WHAT THIS TASK INVOLVES → For the records below, tally the lines that include the word "decodes" and report the number alone.

☆ ☆ ☆ ☆

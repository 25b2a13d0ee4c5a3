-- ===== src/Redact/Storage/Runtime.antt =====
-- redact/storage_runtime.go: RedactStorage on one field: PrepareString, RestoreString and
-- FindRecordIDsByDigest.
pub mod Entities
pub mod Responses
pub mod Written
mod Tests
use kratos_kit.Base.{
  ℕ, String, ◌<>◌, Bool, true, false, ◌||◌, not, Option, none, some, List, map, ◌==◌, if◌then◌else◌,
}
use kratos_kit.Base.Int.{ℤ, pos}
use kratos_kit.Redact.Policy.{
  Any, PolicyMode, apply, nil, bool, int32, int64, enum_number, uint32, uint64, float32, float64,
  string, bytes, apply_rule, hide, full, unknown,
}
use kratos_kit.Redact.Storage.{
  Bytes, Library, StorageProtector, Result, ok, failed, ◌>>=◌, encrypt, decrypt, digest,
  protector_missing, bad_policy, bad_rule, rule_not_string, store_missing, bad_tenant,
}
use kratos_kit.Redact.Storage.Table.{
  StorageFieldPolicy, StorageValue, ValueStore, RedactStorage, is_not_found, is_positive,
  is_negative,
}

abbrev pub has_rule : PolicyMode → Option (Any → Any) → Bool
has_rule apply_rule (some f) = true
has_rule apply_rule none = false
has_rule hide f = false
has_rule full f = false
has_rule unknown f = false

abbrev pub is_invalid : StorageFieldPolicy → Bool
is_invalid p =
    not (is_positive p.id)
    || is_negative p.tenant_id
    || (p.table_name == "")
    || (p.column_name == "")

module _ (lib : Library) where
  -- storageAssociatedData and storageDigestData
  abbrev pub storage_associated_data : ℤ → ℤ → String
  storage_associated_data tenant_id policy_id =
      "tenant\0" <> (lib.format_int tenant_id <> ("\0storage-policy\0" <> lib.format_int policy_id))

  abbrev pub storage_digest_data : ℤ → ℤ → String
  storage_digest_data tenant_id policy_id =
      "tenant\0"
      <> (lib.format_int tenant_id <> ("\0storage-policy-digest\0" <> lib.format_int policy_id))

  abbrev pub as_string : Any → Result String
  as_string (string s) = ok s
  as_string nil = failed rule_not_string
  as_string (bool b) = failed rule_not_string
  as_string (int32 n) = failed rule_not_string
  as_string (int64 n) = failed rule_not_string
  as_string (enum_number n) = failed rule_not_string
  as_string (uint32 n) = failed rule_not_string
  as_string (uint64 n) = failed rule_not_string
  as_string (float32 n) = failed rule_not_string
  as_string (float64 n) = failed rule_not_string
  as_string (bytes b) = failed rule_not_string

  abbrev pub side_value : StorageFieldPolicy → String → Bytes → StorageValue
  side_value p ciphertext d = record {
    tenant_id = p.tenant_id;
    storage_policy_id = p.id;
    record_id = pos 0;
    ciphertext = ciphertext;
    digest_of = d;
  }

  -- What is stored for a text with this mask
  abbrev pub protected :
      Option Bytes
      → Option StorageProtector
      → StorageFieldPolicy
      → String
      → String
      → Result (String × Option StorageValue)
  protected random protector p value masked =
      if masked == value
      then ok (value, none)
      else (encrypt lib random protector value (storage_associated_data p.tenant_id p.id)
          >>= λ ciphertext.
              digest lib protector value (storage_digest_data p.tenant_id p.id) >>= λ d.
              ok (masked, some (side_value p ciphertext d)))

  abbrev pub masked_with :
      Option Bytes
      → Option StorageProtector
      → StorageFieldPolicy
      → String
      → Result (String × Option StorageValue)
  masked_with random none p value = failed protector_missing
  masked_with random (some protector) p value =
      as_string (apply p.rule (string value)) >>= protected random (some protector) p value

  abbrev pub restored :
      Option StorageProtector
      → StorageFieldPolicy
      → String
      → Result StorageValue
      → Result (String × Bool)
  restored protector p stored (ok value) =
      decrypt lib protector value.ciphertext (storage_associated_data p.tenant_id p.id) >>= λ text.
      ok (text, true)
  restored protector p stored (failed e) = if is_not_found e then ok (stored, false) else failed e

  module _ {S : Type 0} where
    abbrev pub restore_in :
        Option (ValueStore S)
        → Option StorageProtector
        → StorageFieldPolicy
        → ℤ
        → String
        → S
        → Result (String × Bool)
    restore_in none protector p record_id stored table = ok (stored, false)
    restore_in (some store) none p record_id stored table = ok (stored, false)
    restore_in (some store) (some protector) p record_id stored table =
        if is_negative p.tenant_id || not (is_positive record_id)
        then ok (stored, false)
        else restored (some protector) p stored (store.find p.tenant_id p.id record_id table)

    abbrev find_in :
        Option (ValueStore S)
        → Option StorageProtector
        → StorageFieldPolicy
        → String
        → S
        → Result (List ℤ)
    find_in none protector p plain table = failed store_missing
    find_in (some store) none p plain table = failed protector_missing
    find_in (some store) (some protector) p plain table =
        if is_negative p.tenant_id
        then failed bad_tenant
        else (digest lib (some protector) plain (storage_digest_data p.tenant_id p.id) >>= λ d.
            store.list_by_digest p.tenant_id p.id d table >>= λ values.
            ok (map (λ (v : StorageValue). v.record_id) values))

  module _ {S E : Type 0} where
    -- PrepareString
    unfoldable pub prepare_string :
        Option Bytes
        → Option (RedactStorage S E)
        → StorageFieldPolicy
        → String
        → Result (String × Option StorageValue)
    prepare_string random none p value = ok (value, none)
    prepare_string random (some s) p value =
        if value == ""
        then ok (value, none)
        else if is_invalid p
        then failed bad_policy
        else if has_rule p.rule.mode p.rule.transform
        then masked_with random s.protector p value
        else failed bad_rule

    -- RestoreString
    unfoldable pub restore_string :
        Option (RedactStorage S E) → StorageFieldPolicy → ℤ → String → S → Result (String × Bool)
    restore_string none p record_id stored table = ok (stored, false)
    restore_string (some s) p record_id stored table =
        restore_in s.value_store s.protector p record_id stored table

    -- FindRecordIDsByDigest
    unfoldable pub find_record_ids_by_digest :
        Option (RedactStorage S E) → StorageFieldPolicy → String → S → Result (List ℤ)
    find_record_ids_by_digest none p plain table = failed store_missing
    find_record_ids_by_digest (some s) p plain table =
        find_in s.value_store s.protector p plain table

☆ ☆ ☆ ☆

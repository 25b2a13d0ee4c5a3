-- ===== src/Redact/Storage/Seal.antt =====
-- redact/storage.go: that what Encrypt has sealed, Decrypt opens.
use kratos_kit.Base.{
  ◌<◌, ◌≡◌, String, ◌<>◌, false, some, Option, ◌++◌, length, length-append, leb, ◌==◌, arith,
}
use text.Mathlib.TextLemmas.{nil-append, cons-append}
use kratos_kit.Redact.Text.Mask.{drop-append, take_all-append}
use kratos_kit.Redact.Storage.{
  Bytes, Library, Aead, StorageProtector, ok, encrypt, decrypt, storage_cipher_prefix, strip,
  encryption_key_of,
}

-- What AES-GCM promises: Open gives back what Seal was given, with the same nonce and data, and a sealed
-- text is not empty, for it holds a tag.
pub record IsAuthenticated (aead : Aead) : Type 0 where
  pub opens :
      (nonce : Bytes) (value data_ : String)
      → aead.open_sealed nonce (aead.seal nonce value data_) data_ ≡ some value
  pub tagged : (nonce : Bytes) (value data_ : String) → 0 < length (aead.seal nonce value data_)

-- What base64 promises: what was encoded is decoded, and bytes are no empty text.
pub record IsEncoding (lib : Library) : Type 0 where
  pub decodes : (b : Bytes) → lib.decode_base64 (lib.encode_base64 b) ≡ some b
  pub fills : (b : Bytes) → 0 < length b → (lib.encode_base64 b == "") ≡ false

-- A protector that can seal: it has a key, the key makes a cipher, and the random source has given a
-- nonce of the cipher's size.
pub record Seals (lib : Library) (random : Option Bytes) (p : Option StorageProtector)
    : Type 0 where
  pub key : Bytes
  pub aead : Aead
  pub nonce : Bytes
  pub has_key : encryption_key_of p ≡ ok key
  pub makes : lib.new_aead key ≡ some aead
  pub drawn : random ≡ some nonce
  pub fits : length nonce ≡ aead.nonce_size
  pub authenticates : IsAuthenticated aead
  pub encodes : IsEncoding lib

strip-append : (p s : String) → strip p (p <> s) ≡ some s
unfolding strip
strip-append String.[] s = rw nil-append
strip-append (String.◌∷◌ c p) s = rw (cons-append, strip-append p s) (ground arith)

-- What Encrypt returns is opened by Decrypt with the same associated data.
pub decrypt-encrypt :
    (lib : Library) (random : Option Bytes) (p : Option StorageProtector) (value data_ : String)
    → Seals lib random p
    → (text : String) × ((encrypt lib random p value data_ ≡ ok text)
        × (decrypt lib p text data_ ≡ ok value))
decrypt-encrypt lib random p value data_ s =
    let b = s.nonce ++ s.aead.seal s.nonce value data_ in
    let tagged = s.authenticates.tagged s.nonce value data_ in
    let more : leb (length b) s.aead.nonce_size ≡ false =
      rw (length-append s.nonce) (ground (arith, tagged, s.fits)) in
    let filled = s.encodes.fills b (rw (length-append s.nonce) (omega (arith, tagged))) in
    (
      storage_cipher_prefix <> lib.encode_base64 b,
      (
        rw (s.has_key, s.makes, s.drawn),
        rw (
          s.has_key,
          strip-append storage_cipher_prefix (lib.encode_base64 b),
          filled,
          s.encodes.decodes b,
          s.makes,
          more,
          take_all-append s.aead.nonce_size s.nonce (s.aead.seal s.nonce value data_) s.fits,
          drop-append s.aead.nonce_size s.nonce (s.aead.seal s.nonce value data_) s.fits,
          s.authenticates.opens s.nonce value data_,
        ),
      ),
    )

☆ ☆ ☆ ☆

RESPONSE TO THE EXERCISE → 2